- Problem statement
Set down exactly the lines below between the line holding "source_beq no_source no_source = true" and the line holding "metadata_beq a b = source_beq", inclusive; no other line belongs in the answer.

- Records to process
Segment Open
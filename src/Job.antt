-- ===== src/Job.antt =====
-- Jobs: their specification and its validation, and their state machine (include/yori/job/job.hpp,
-- src/job/job.cpp).
pub mod Spec
pub mod Validate
pub mod State
pub mod Lifecycle
pub mod Names
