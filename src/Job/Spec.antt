-- ===== src/Job/Spec.antt =====
-- include/yori/job/job.hpp: job identity, the submitted specification and its limits.
use yori.Common.{ℕ, ◌*◌, ◌≡◌, ◌↔◌, Bool, true, false, not, ◌&&◌, Option, List, ℤ, Text, arith}
use yori.Common.{◌==◌, Eq, nat_eq, list_eq, option_eq, list_beq_iff, option_beq_iff}
use yori.Gpu.Uuid.{GpuUuid}

abbrev pub JobId : Type 0
JobId = ℕ

-- `JobId::valid`.
abbrev pub id_valid : JobId → Bool
id_valid id = not (id == 0)

-- `JobSpecLimits`.
abbrev pub max_argument_count : ℕ
max_argument_count = 256

abbrev pub max_argument_bytes : ℕ
max_argument_bytes = 64 * 1024

abbrev pub max_single_argument_bytes : ℕ
max_single_argument_bytes = 16 * 1024

abbrev pub max_working_directory_bytes : ℕ
max_working_directory_bytes = 4096

abbrev pub max_environment_variables : ℕ
max_environment_variables = 256

abbrev pub max_environment_name_bytes : ℕ
max_environment_name_bytes = 255

abbrev pub max_environment_value_bytes : ℕ
max_environment_value_bytes = 32 * 1024

abbrev pub max_environment_bytes : ℕ
max_environment_bytes = 256 * 1024

abbrev pub max_launch_profile_bytes : ℕ
max_launch_profile_bytes = 128

abbrev pub max_placement_devices : ℕ
max_placement_devices = 8

abbrev pub max_tensorboard_logdir_bytes : ℕ
max_tensorboard_logdir_bytes = 4096

abbrev pub max_executable_bytes : ℕ
max_executable_bytes = 4096

abbrev pub max_python_version_bytes : ℕ
max_python_version_bytes = 64

pub data EnvSource : Type 0 where
  no_source conda venv : EnvSource

pub record EnvMetadata : Type 0 where
  pub source : EnvSource
  pub python_version : Option Text

pub data GpuPlacementMode : Type 0 where
  any_gpu required preferred : GpuPlacementMode

pub record GpuPlacement : Type 0 where
  pub mode : GpuPlacementMode
  pub devices : List GpuUuid

-- `env` is the map's contents in key order; `submit_time` counts nanoseconds since the epoch.
pub record JobSpec : Type 0 where
  pub owner_uid : ℕ
  pub owner_gid : ℕ
  pub argv : List Text
  pub cwd : Text
  pub env : List (Text × Text)
  pub executable : Option Text
  pub env_metadata : Option EnvMetadata
  pub gpu_request : ℕ
  pub gpu_placement : GpuPlacement
  pub launch_profile : Option Text
  pub tensorboard_logdir : Option Text
  pub submit_time : ℤ

abbrev pub source_beq : EnvSource → EnvSource → Bool
source_beq no_source no_source = true
source_beq conda conda = true
source_beq venv venv = true
source_beq _ _ = false

-- `EnvMetadata::operator==`.
abbrev pub metadata_beq : EnvMetadata → EnvMetadata → Bool
metadata_beq a b = source_beq a.source b.source && a.python_version == b.python_version

abbrev pub mode_beq : GpuPlacementMode → GpuPlacementMode → Bool
mode_beq any_gpu any_gpu = true
mode_beq required required = true
mode_beq preferred preferred = true
mode_beq _ _ = false

-- `GpuPlacement::operator==`.
abbrev pub placement_beq : GpuPlacement → GpuPlacement → Bool
placement_beq a b = mode_beq a.mode b.mode && a.devices == b.devices

pub metadata_beq_iff : (a b : EnvMetadata) → (metadata_beq a b ≡ true) ↔ (a ≡ b)
metadata_beq_iff a b = ground (arith, option_beq_iff a.python_version b.python_version)

pub placement_beq_iff : (a b : GpuPlacement) → (placement_beq a b ≡ true) ↔ (a ≡ b)
placement_beq_iff a b = ground (arith, list_beq_iff a.devices b.devices)

instance abbrev pub metadata_eq : Eq EnvMetadata
metadata_eq = record { beq = metadata_beq; beq_iff = metadata_beq_iff }

instance abbrev pub placement_eq : Eq GpuPlacement
placement_eq = record { beq = placement_beq; beq_iff = placement_beq_iff }
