-- ===== src/Job/Validate.antt =====
-- `job::validate` (src/job/job.cpp): the checks on a submitted specification, in the order of the
-- source, where each early return is an `err`.
pub mod Components
pub mod Loops
pub mod Valid
use yori.Common.{
  ℕ, zero, suc, ◌+◌, Bool, true, false, not, ◌&&◌, ◌||◌, Option, none, some, List, [], ◌∷◌,
}
use yori.Common.{
  pos, ltz, Text, contains_nul, sub_size, length, empty, any, ltb, ◌==◌, nat_eq, list_eq,
  if◌then◌else◌, Result, ok, err, fail_if, or_fail, ◌>>=◌, ◌>>◌,
}
use yori.Gpu.Uuid.{GpuUuid, uuid_valid}
use yori.Job.Spec.{
  JobSpec, EnvMetadata, GpuPlacementMode, any_gpu, required, preferred, max_argument_count,
  max_argument_bytes, max_single_argument_bytes, max_working_directory_bytes,
  max_environment_variables, max_environment_name_bytes, max_environment_value_bytes,
  max_environment_bytes, max_launch_profile_bytes, max_placement_devices,
  max_tensorboard_logdir_bytes, max_executable_bytes, max_python_version_bytes,
}

pub data JobSpecErrorCode : Type 0 where
  no_error root_owner_not_allowed empty_arguments too_many_arguments : JobSpecErrorCode
  invalid_argument argument_too_long arguments_too_large : JobSpecErrorCode
  invalid_working_directory too_many_environment_variables : JobSpecErrorCode
  invalid_environment_name environment_name_too_long environment_value_too_long : JobSpecErrorCode
  environment_too_large unsupported_gpu_request invalid_gpu_placement : JobSpecErrorCode
  placement_gpu_request_conflict launch_profile_too_long : JobSpecErrorCode
  invalid_tensorboard_logdir invalid_submit_time invalid_executable : JobSpecErrorCode
  invalid_python_version : JobSpecErrorCode

pub record JobSpecValidationResult : Type 0 where
  pub code : JobSpecErrorCode
  pub item_index : Option ℕ

-- `JobSpecValidationResult::ok`.
abbrev pub validation_ok : JobSpecValidationResult → Bool
validation_ok r = elim r.code [ no_error ↦ true | _ ↦ false ]

abbrev pub whole : JobSpecErrorCode → JobSpecValidationResult
whole code = record { code = code; item_index = none }

abbrev pub at_item : JobSpecErrorCode → ℕ → JobSpecValidationResult
at_item code index = record { code = code; item_index = some index }

abbrev pub Check : Type 0
Check = Result JobSpecValidationResult (Unit {0})

-- The new total, or `none` where the function returns false.
unfoldable pub add_within_limit : ℕ → ℕ → ℕ → Option ℕ
add_within_limit value total limit =
    if ltb (sub_size limit total) value then none else some (total + value)

unfoldable pub is_valid_environment_name : Text → Bool
is_valid_environment_name name =
    not (empty name) && not (contains_nul name) && not (any (λ c. c == b'=') name)

-- The bytes before the first '/', and those after it.
unfoldable pub first_component : Text → Text
first_component [] = []
first_component (c ∷ t) = if c == b'/' then [] else c ∷ first_component t

unfoldable pub after_slash : Text → Option Text
after_slash [] = none
after_slash (c ∷ t) = if c == b'/' then some t else after_slash t

abbrev pub dot_dot : Text
dot_dot = b'.' ∷ b'.' ∷ []

-- The `while` loop over the components; `path` is the text from `component_begin` on.
unfoldable pub no_dot_dot : ℕ → Text → Bool
unfolding first_component after_slash
no_dot_dot zero path = false
no_dot_dot (suc fuel) path =
    if first_component path == dot_dot
    then false
    else elim (after_slash path) [ none ↦ true | some rest ↦ no_dot_dot fuel rest ]

abbrev pub starts_with_slash : Text → Bool
starts_with_slash [] = false
starts_with_slash (c ∷ t) = c == b'/'

unfoldable pub is_valid_tensorboard_logdir : Text → Bool
unfolding no_dot_dot
is_valid_tensorboard_logdir path =
    if empty path
      || ltb max_tensorboard_logdir_bytes (length path)
      || contains_nul path
      || starts_with_slash path
    then false
    else no_dot_dot (suc (length path)) path

-- The loop over `argv`, from `index` on, with the bytes counted so far.
unfoldable pub check_arguments : List Text → ℕ → ℕ → Check
unfolding add_within_limit
check_arguments [] index bytes = ok tt
check_arguments (argument ∷ rest) index bytes = do
  fail_if (contains_nul argument) (at_item invalid_argument index)
  fail_if (ltb max_single_argument_bytes (length argument)) (at_item argument_too_long index)
  total ←
      or_fail (add_within_limit (length argument) bytes max_argument_bytes)
        (at_item arguments_too_large index)
  check_arguments rest (index + 1) total

abbrev pub first_empty : List Text → Bool
first_empty [] = false
first_empty (argument ∷ rest) = empty argument

-- The loop over `env`.
unfoldable pub check_environment : List (Text × Text) → ℕ → ℕ → Check
unfolding add_within_limit is_valid_environment_name
check_environment [] index bytes = ok tt
check_environment ((name, value) ∷ rest) index bytes = do
  fail_if (not (is_valid_environment_name name)) (at_item invalid_environment_name index)
  fail_if (ltb max_environment_name_bytes (length name)) (at_item environment_name_too_long index)
  fail_if (ltb max_environment_value_bytes (length value) || contains_nul value)
      (at_item environment_value_too_long index)
  with_name ←
      or_fail (add_within_limit (length name) bytes max_environment_bytes)
        (at_item environment_too_large index)
  with_value ←
      or_fail (add_within_limit (length value) with_name max_environment_bytes)
        (at_item environment_too_large index)
  check_environment rest (index + 1) with_value

-- The loop over a required set; `prior` holds the devices before this one.
unfoldable pub check_devices : List GpuUuid → List GpuUuid → Check
check_devices prior [] = ok tt
check_devices prior (device ∷ rest) = do
  fail_if (not (uuid_valid device)) (whole invalid_gpu_placement)
  fail_if (any (λ p. p == device) prior) (whole invalid_gpu_placement)
  check_devices (device ∷ prior) rest

abbrev pub one_valid : List GpuUuid → Bool
one_valid (device ∷ []) = uuid_valid device
one_valid _ = false

-- The `switch` on the placement's mode.
unfoldable pub check_placement : GpuPlacementMode → List GpuUuid → ℕ → Check
unfolding check_devices
check_placement any_gpu devices request =
    fail_if (not (empty devices)) (whole invalid_gpu_placement)
check_placement required devices request = do
  fail_if (empty devices || ltb max_placement_devices (length devices))
      (whole invalid_gpu_placement)
  check_devices [] devices
  fail_if (not (request == 1)) (whole placement_gpu_request_conflict)
check_placement preferred devices request = do
  fail_if (not (one_valid devices)) (whole invalid_gpu_placement)
  fail_if (not (request == 1)) (whole placement_gpu_request_conflict)

abbrev pub bad_working_directory : Text → Bool
bad_working_directory cwd =
    empty cwd
    || ltb max_working_directory_bytes (length cwd)
    || contains_nul cwd
    || not (starts_with_slash cwd)

abbrev pub bad_executable : Option Text → Bool
bad_executable none = false
bad_executable (some path) =
    empty path
    || ltb max_executable_bytes (length path)
    || contains_nul path
    || not (starts_with_slash path)

abbrev pub bad_label : ℕ → Option Text → Bool
bad_label limit none = false
bad_label limit (some text) = empty text || ltb limit (length text) || contains_nul text

abbrev pub python_version_of : Option EnvMetadata → Option Text
python_version_of none = none
python_version_of (some metadata) = metadata.python_version

abbrev pub bad_logdir : Option Text → Bool
bad_logdir none = false
bad_logdir (some path) = not (is_valid_tensorboard_logdir path)

-- The body of `validate`, in four parts: the command, its context, the GPUs, the options.
unfoldable pub check_command : JobSpec → Check
check_command spec = do
  fail_if (spec.owner_uid == 0) (whole root_owner_not_allowed)
  fail_if (empty spec.argv) (whole empty_arguments)
  fail_if (ltb max_argument_count (length spec.argv)) (whole too_many_arguments)
  check_arguments spec.argv 0 0
  fail_if (first_empty spec.argv) (at_item empty_arguments 0)

unfoldable pub check_context : JobSpec → Check
check_context spec = do
  fail_if (bad_working_directory spec.cwd) (whole invalid_working_directory)
  fail_if (ltb max_environment_variables (length spec.env)) (whole too_many_environment_variables)
  check_environment spec.env 0 0

unfoldable pub check_gpus : JobSpec → Check
check_gpus spec = do
  check_placement spec.gpu_placement.mode spec.gpu_placement.devices spec.gpu_request
  fail_if (not (spec.gpu_request == 1)) (whole unsupported_gpu_request)

unfoldable pub check_options : JobSpec → Check
check_options spec = do
  fail_if (bad_executable spec.executable) (whole invalid_executable)
  fail_if (bad_label max_python_version_bytes (python_version_of spec.env_metadata))
      (whole invalid_python_version)
  fail_if (bad_label max_launch_profile_bytes spec.launch_profile) (whole launch_profile_too_long)
  fail_if (bad_logdir spec.tensorboard_logdir) (whole invalid_tensorboard_logdir)
  fail_if (not (ltz (pos 0) spec.submit_time)) (whole invalid_submit_time)

unfoldable pub checks : JobSpec → Check
checks spec = do check_command spec; check_context spec; check_gpus spec; check_options spec

-- The value that the function returns.
abbrev pub settle : Check → JobSpecValidationResult
settle (ok _) = whole no_error
settle (err result) = result

unfoldable pub validate : JobSpec → JobSpecValidationResult
validate spec = settle (checks spec)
Segment Closed
- Task solution
source_beq no_source no_source = true
source_beq conda conda = true
source_beq venv venv = true
source_beq _ _ = false

-- `EnvMetadata::operator==`.
abbrev pub metadata_beq : EnvMetadata → EnvMetadata → Bool
metadata_beq a b = source_beq a.source b.source && a.python_version == b.python_version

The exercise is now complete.